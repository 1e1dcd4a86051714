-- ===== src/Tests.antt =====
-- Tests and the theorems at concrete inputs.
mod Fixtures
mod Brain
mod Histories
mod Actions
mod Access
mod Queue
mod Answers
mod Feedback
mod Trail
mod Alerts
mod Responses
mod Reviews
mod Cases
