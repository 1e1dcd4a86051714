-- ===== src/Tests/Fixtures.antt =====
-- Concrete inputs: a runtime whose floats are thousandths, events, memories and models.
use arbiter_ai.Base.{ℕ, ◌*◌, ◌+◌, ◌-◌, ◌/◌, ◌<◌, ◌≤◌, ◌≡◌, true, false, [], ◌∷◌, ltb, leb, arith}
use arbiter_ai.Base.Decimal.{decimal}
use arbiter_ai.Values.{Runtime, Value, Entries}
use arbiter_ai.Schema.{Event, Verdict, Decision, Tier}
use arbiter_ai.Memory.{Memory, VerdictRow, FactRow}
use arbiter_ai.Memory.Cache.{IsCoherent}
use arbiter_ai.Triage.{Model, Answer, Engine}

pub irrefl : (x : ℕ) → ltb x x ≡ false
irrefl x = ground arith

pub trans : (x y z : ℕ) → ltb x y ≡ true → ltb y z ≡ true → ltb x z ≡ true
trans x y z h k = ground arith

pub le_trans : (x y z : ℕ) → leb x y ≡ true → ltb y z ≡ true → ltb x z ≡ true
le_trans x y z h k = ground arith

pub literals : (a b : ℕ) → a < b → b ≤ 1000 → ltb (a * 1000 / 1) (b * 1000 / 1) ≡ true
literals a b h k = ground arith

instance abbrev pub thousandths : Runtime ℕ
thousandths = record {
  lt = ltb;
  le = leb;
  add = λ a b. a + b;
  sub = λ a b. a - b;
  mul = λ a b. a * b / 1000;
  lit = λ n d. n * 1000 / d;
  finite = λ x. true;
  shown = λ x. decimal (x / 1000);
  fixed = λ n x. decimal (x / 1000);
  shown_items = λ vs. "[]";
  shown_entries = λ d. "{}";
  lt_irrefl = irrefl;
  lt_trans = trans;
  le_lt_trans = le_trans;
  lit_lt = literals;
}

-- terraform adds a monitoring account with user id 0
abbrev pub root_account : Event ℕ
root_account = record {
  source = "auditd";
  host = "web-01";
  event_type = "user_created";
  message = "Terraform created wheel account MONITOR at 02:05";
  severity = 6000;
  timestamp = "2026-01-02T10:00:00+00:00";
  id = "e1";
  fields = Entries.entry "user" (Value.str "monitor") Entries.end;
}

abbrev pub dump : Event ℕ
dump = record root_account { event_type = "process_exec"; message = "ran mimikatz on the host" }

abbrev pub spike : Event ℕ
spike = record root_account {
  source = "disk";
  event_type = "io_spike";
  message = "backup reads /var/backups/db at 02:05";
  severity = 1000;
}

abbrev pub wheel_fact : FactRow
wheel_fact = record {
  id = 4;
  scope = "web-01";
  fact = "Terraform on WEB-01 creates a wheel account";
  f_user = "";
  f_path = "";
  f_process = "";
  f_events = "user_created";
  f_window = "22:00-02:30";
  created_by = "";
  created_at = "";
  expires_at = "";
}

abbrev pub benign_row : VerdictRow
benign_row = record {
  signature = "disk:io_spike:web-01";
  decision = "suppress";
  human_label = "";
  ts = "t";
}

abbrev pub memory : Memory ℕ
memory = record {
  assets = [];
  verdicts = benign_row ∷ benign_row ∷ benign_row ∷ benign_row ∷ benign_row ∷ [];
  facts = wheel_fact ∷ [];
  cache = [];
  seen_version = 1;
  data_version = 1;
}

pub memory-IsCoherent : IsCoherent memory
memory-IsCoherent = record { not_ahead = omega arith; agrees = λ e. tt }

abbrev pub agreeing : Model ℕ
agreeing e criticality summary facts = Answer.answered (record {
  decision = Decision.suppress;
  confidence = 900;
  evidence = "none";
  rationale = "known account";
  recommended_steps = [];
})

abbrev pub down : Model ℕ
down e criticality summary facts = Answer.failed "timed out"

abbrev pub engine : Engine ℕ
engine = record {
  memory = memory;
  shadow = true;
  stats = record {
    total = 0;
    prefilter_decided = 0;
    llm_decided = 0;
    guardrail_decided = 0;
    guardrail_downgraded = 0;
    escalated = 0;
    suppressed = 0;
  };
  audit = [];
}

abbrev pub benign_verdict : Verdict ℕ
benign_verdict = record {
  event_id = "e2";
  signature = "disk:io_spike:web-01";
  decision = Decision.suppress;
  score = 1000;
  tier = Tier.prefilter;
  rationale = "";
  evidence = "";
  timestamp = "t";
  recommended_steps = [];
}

--- EXERCISE DETAILS ---
Nothing but a number should be given: the tally of lines in the listing that contain "ground".

--- RESULT ---
4